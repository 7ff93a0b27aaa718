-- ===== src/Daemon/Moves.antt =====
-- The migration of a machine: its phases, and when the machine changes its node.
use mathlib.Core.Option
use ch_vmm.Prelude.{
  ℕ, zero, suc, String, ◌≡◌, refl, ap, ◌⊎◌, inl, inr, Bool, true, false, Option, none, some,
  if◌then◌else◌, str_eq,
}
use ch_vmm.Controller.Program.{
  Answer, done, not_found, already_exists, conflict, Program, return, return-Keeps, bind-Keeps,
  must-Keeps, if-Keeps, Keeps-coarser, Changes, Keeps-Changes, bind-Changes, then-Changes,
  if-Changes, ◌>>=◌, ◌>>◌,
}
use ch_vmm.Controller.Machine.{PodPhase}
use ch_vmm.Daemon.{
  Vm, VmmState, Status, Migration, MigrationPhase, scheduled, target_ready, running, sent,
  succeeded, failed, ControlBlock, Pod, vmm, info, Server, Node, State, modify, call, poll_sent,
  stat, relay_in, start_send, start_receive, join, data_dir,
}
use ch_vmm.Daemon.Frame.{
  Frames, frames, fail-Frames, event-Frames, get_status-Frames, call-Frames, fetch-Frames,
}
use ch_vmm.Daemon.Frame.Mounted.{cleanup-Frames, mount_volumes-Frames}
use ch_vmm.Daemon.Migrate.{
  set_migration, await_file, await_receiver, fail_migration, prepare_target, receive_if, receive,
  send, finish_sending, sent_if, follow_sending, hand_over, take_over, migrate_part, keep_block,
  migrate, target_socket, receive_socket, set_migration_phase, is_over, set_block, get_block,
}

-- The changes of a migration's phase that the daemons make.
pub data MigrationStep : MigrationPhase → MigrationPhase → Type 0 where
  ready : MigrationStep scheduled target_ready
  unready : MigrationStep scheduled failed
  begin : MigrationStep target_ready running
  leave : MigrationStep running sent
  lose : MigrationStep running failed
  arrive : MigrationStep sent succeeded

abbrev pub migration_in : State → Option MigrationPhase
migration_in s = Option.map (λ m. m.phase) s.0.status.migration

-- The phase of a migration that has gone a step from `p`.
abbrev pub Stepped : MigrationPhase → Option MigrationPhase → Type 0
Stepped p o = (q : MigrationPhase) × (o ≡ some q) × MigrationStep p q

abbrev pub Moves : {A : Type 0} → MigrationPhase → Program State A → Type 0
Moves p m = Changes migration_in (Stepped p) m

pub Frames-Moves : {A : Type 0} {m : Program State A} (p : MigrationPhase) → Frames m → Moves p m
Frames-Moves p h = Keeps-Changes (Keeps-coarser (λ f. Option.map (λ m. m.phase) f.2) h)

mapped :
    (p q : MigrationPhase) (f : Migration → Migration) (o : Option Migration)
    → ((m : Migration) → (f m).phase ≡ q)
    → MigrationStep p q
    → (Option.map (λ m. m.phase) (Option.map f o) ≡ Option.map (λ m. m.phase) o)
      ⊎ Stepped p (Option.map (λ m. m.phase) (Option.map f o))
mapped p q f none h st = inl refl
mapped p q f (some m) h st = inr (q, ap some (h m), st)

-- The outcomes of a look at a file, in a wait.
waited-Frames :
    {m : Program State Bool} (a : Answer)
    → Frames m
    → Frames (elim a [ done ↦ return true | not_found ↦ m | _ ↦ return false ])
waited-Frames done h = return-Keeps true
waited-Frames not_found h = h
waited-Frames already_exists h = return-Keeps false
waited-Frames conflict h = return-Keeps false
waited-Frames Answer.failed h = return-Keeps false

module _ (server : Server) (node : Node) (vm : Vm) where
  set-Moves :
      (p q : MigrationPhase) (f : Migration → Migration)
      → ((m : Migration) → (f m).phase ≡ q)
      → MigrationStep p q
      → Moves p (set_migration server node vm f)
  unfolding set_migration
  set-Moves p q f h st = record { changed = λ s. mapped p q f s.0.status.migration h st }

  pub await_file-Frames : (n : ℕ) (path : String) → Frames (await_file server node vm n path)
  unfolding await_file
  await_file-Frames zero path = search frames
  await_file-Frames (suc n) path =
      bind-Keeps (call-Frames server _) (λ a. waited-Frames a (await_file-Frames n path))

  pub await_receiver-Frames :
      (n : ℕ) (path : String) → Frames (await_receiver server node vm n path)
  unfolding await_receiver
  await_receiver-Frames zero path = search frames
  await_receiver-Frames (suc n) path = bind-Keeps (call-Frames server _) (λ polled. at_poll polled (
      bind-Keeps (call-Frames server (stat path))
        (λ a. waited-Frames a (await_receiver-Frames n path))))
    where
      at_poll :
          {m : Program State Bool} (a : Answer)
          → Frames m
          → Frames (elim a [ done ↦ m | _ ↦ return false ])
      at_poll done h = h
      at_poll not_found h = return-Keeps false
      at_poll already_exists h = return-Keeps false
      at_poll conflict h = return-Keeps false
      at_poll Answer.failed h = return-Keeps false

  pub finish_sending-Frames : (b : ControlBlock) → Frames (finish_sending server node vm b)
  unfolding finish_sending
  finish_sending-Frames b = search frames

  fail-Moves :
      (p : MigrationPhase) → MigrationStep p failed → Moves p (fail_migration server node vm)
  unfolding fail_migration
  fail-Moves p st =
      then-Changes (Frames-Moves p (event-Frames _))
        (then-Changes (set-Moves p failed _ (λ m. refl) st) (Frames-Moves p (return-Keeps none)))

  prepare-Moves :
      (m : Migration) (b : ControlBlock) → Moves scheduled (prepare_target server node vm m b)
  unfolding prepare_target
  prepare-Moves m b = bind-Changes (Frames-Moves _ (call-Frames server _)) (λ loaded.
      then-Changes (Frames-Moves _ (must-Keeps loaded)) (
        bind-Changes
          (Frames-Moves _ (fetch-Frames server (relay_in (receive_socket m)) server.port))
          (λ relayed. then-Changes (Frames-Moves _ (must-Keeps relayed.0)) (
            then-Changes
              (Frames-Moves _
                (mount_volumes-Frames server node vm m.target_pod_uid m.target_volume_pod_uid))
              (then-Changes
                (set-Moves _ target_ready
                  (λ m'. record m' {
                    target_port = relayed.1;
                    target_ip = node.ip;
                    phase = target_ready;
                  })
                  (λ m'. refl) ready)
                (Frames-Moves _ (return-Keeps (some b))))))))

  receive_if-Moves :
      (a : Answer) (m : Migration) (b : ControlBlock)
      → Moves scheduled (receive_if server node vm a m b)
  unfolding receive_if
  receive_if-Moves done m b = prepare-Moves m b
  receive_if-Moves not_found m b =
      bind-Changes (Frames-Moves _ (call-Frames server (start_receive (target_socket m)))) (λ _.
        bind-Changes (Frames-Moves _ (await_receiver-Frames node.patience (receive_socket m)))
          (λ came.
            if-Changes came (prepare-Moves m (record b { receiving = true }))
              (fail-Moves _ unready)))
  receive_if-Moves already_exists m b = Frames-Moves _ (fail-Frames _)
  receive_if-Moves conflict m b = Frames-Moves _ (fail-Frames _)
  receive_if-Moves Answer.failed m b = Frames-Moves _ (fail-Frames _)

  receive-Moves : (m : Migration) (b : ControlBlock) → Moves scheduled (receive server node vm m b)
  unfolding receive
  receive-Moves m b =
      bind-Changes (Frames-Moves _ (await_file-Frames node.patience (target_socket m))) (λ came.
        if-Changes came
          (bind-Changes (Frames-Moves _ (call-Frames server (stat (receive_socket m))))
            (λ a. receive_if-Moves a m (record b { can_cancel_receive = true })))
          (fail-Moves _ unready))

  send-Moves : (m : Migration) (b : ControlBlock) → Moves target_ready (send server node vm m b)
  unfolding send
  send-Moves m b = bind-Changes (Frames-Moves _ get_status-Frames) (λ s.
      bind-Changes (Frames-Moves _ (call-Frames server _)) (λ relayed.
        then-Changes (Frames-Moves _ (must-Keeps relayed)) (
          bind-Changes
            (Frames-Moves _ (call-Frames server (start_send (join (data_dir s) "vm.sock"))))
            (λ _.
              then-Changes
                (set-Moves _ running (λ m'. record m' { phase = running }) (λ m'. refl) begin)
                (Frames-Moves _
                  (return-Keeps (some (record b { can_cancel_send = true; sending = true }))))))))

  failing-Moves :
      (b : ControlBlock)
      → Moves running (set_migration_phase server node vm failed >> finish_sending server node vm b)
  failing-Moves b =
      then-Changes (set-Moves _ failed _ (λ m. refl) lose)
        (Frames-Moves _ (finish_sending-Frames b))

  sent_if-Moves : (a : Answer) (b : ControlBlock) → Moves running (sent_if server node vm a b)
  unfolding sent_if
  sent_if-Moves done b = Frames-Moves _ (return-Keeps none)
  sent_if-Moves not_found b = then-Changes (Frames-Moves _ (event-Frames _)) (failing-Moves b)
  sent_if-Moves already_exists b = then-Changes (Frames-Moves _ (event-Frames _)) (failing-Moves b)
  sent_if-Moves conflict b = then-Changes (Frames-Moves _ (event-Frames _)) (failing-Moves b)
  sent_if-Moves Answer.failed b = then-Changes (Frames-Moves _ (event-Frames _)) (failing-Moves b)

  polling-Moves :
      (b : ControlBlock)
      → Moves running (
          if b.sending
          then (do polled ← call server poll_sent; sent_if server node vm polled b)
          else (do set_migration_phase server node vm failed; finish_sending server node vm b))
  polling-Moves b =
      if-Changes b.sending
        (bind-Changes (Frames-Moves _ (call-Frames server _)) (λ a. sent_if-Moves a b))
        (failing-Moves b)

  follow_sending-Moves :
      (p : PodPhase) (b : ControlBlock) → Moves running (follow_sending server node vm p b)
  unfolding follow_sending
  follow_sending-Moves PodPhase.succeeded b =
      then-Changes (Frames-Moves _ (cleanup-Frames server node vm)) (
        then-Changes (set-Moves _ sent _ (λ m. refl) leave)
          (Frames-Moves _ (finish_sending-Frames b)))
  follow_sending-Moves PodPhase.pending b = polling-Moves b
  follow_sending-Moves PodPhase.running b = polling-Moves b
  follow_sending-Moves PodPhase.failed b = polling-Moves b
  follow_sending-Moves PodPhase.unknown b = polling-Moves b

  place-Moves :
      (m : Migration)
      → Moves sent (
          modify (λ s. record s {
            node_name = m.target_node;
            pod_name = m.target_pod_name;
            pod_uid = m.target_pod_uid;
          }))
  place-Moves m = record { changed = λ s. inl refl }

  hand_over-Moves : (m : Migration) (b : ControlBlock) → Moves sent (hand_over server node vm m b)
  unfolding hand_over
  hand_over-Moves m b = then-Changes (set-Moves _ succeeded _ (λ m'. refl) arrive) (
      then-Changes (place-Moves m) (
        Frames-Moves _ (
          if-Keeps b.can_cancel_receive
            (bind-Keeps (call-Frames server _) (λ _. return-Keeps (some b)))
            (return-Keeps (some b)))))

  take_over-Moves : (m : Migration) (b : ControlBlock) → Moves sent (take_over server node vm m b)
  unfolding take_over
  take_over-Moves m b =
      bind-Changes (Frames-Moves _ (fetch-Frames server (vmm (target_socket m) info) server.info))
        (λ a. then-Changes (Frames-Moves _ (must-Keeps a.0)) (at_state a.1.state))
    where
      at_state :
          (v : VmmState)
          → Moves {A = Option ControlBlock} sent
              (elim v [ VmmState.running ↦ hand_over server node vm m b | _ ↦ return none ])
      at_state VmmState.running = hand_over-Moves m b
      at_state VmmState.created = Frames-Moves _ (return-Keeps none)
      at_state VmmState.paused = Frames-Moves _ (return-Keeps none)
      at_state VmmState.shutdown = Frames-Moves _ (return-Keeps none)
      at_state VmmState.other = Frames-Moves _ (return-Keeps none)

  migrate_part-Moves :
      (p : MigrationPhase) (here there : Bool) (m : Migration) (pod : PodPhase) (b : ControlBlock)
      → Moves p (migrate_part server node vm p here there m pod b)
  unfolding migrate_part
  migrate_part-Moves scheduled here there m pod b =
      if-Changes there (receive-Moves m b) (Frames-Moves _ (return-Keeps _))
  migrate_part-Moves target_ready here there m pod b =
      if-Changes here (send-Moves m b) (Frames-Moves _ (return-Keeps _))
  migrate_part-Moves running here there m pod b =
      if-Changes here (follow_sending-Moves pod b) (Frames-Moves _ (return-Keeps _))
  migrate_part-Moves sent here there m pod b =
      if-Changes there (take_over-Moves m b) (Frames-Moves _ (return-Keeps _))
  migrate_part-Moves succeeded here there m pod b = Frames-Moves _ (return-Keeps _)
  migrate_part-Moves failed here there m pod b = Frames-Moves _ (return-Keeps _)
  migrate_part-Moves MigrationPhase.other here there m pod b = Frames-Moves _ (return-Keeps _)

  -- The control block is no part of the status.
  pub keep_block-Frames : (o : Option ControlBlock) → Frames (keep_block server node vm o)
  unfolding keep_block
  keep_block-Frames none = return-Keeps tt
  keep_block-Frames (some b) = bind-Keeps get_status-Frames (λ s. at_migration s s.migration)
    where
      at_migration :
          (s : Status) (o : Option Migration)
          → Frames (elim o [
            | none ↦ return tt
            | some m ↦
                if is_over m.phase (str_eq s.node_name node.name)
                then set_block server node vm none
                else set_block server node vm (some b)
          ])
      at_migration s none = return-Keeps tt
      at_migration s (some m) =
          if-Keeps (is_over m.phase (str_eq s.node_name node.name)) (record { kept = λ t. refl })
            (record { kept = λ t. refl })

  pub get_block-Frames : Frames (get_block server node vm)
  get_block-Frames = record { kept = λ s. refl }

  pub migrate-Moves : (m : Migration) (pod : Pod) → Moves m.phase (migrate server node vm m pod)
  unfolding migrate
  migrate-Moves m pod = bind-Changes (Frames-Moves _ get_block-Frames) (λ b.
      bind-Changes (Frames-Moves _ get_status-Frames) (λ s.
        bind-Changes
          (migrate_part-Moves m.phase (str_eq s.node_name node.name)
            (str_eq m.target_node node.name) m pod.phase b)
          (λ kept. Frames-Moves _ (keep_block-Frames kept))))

- - - -

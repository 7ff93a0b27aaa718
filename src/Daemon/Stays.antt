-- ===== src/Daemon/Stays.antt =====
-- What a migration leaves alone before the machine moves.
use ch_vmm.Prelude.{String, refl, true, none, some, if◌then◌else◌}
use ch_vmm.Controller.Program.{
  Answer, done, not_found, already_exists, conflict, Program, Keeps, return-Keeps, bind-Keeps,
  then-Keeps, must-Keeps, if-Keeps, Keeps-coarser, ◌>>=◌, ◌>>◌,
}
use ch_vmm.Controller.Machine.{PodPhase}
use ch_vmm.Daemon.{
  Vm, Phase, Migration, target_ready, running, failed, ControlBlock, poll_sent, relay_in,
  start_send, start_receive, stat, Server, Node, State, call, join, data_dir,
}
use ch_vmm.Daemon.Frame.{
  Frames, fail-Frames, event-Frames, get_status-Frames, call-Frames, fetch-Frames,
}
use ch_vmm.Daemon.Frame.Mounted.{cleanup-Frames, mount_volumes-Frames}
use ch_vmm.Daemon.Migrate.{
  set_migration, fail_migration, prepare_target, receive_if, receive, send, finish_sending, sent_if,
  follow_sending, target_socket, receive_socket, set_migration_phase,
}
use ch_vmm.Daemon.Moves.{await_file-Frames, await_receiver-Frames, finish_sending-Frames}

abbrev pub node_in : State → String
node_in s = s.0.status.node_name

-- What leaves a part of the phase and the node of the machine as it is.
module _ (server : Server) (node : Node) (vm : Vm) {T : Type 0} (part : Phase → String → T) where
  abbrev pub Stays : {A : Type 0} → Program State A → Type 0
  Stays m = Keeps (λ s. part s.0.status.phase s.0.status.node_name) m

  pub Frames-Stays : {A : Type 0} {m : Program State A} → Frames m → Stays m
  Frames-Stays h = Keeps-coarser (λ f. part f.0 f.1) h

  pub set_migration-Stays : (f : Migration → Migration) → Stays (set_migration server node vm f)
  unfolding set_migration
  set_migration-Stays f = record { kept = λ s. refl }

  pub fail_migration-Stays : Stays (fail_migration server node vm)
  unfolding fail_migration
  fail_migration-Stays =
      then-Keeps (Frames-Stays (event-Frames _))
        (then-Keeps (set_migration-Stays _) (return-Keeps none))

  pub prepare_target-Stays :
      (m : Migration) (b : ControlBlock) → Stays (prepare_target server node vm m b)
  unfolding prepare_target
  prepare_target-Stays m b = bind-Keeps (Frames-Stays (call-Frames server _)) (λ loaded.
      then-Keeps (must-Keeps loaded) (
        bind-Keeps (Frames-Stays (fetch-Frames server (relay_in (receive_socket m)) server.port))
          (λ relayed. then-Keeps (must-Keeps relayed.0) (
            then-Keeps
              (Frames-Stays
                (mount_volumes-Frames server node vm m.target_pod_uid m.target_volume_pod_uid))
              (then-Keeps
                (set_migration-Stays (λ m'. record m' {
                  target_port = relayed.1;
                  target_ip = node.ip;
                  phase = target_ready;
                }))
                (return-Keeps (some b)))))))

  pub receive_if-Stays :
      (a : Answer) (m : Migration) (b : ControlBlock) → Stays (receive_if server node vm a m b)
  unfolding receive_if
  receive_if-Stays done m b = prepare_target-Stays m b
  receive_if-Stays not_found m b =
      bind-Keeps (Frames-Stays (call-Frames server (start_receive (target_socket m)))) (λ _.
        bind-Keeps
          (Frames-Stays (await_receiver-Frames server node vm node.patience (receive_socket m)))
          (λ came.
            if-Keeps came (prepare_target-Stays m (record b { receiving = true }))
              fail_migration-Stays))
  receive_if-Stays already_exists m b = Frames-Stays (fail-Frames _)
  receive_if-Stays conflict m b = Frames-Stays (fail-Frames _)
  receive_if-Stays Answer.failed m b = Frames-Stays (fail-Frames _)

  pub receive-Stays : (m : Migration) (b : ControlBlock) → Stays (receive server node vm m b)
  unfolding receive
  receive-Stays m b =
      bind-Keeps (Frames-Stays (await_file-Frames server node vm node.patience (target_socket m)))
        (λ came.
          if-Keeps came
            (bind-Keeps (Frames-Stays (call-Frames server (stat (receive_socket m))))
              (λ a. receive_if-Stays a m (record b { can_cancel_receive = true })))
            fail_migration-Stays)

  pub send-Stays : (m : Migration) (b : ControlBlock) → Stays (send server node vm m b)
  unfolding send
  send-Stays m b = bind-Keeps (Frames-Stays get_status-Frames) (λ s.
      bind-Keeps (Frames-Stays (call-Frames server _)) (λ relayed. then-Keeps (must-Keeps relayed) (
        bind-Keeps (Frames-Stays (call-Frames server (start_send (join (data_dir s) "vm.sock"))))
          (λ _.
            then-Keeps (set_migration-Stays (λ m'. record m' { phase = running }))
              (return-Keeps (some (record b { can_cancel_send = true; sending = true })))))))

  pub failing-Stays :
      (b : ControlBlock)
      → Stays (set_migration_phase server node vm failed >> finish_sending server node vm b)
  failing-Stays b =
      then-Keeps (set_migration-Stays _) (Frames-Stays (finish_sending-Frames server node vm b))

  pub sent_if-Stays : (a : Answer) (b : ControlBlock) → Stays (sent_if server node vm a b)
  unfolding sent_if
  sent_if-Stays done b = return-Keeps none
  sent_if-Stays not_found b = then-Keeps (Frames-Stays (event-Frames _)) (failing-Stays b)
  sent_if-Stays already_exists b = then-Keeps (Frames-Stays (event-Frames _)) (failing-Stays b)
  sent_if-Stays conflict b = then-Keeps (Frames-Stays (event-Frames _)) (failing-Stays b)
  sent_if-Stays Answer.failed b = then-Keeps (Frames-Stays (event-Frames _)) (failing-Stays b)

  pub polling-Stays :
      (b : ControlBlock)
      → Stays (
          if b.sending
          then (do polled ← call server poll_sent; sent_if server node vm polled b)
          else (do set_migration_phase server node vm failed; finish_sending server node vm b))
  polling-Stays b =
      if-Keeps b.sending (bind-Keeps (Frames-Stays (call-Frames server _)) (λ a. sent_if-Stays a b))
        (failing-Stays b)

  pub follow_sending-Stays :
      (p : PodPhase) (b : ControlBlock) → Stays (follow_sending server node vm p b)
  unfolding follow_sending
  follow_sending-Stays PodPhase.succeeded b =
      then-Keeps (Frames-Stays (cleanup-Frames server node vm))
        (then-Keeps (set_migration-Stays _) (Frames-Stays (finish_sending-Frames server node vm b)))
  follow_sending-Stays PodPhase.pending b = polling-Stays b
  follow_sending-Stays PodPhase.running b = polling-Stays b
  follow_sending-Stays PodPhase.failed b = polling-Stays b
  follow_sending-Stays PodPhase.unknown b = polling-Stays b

- - - -

__Task__.
Report only how many lines in the listing contain the string "Prelude".

__Answer for the task__.
2